2. The method of claim 1, wherein the plurality of fully connected layers comprises three fully connected layers having a neuron number of 2048, 512, and 128, respectively.

3. The method of claim 1, wherein processing the first feature image with the region-generating network to determine candidate regions comprises:

performing sliding processing on the first characteristic image by utilizing a sliding window, and determining a plurality of first center points;

mapping processing is carried out on the cell images based on the first center points, and a second center points are determined;

generating a plurality of candidate anchor frames based on the anchor frames of the preset size at the position of each of the plurality of second center points; the anchor frame with the preset size is obtained based on training data of the target recognition model;

the candidate region is determined based on the plurality of candidate anchor boxes for each of the plurality of second center points.

4. The method of claim 3, wherein the anchor frame of the preset size is obtained by processing size data of a labeling frame in the training data based on a clustering algorithm.

5. The method of claim 4, wherein the clustering algorithm includes, but is not limited to, one or more of the following: k-means clustering algorithm, mean shift algorithm and density-based clustering algorithm.

6. The method of claim 4, wherein the predetermined size of anchor boxes comprises 8 x 8 and 16 x 16 in area and the aspect ratio comprises anchor boxes corresponding to 1:1, 1:1.5 and 2:1.

7. The method of claim 1, wherein the target recognition model further comprises a random deactivation layer; the classifying and regression processing are carried out on the fourth characteristic image, and the identification result is determined, which comprises the following steps:

processing the fourth characteristic image by utilizing the random inactivation layer to determine a fifth characteristic image;

and carrying out classification processing and regression processing on the fifth characteristic image, and determining the identification result.
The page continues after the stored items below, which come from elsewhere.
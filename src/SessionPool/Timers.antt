-- ===== src/SessionPool/Timers.antt =====
-- The timers that were armed for earlier keepings of a session.
use switch_configurator.Prelude.{
  ℕ, suc, ◌<◌, ◌≡◌, refl, true, false, Option, none, some, List, [], ◌∷◌, ◌++◌, Text, text_eq,
  nat_eq, ◌==◌, arith, ==_iff, All, All-map, Bool-cases, inl, inr,
}
use switch_configurator.Prelude.HashMap.{get, get-insert}
use switch_configurator.SessionPool.{
  Slot, PoolState, Session, checkout, release, kept_slot, close_idle, close_slot, close_if_token,
}
use switch_configurator.SessionPool.Steps.{System, Step, IsReachable}

-- Every armed timer has a token that was handed out.
abbrev IsIssued : System → Type 0
IsIssued sys = All (λ t. t.1 < sys.pool.next_token) sys.timers

All-taken :
    {A : Type 0} (P : A → Type 0) (before : List A) (x : A) (after : List A)
    → All P (before ++ x ∷ after)
    → P x × All P (before ++ after)
All-taken P [] x after (h, hs) = (h, hs)
All-taken P (y ∷ before) x after (h, hs) =
    let (hx, rest) = All-taken P before x after hs in (hx, (h, rest))

close_slot-next_token :
    (id : Text) (token : ℕ) (pool : PoolState) (o : Option Slot)
    → (close_slot id token pool o).0.next_token ≡ pool.next_token
unfolding close_slot
close_slot-next_token id token pool none = refl
close_slot-next_token id token pool (some slot) = elim (Bool-cases (slot.token == token)) [
  | inl t ↦ rw t refl
  | inr t ↦ rw t refl
]

Step-IsIssued : {sys next : System} → IsIssued sys → Step sys next → IsIssued next
unfolding checkout release close_idle close_if_token
Step-IsIssued h (Step.checks_out id fingerprint resumes opened) = h
Step-IsIssued {sys} h (Step.releases true before s after q) = (
  omega arith,
  All-map (λ t. t.1 < sys.pool.next_token) (λ t. t.1 < suc sys.pool.next_token) (λ t k. omega arith)
      sys.timers h,
)
Step-IsIssued h (Step.releases false before s after q) = h
Step-IsIssued h (Step.discards before s after q) = h
Step-IsIssued h (Step.closes_idle id) = h
Step-IsIssued {sys} h (Step.goes_off before id token after q) =
    rw (close_slot-next_token id token sys.pool (get id sys.pool.slots))
      (All-taken (λ t. t.1 < sys.pool.next_token) before (id, token) after (rw q at h)).1

reachable-IsIssued : {sys : System} → IsReachable sys → IsIssued sys
reachable-IsIssued IsReachable.started = tt
reachable-IsIssued (IsReachable.followed_by r step) = Step-IsIssued (reachable-IsIssued r) step

kept_lem :
    (s : Session) (pool : PoolState) (token : ℕ)
    → token < pool.next_token
    → (close_if_token s.switch_id token (release true s pool).0 ≡ ((release true s pool).0, []))
      × ((close_if_token s.switch_id pool.next_token (release true s pool).0).1 ≡ s.vendor ∷ [])
unfolding close_if_token close_slot release
kept_lem s pool token h =
    rw
      (
        get-insert s.switch_id s.switch_id (kept_slot s pool.next_token) pool.slots,
        (==_iff s.switch_id s.switch_id).1 refl,
      )
      (ground arith, ground arith)

-- Whatever operations and timers came before: once a session is released and kept, a timer that is still
-- armed for its switch from an earlier keeping does nothing when it goes off, the pool stays as it is
-- and no connection is closed, while the released session's own timer closes that session.
pub close_if_token-release :
    {sys : System} (s : Session) (before : List (Text × ℕ)) (token : ℕ) (after : List (Text × ℕ))
    → IsReachable sys
    → sys.timers ≡ before ++ (s.switch_id, token) ∷ after
    → (close_if_token s.switch_id token (release true s sys.pool).0
        ≡ ((release true s sys.pool).0, []))
      × ((close_if_token s.switch_id sys.pool.next_token (release true s sys.pool).0).1
          ≡ s.vendor ∷ [])
close_if_token-release {sys} s before token after r armed =
    let issued : All (λ t. t.1 < sys.pool.next_token) sys.timers =
      reachable-IsIssued {sys = sys} r in
    kept_lem s sys.pool token
      (All-taken (λ t. t.1 < sys.pool.next_token) before (s.switch_id, token) after
        (rw armed at issued)).0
8. A cell detection system, the system comprising:

the acquisition module is used for acquiring a cell image to be detected;

The processing module is used for processing the cell image by utilizing a target recognition model and determining a recognition result of the cell image; the target recognition model at least comprises a separable residual convolution network, a region generation network, a region of interest pooling layer and a plurality of fully connected layers, and the processing of the target recognition model comprises the following steps:

9. A cell detection apparatus comprising a processor and a memory for storing instructions, wherein the processor is configured to execute the instructions to perform operations corresponding to the cell detection method of any one of claims 1 to 7.

10. A computer-readable storage medium storing computer instructions that, when executed by a processor, perform operations corresponding to the cell detection method of any one of claims 1 to 7.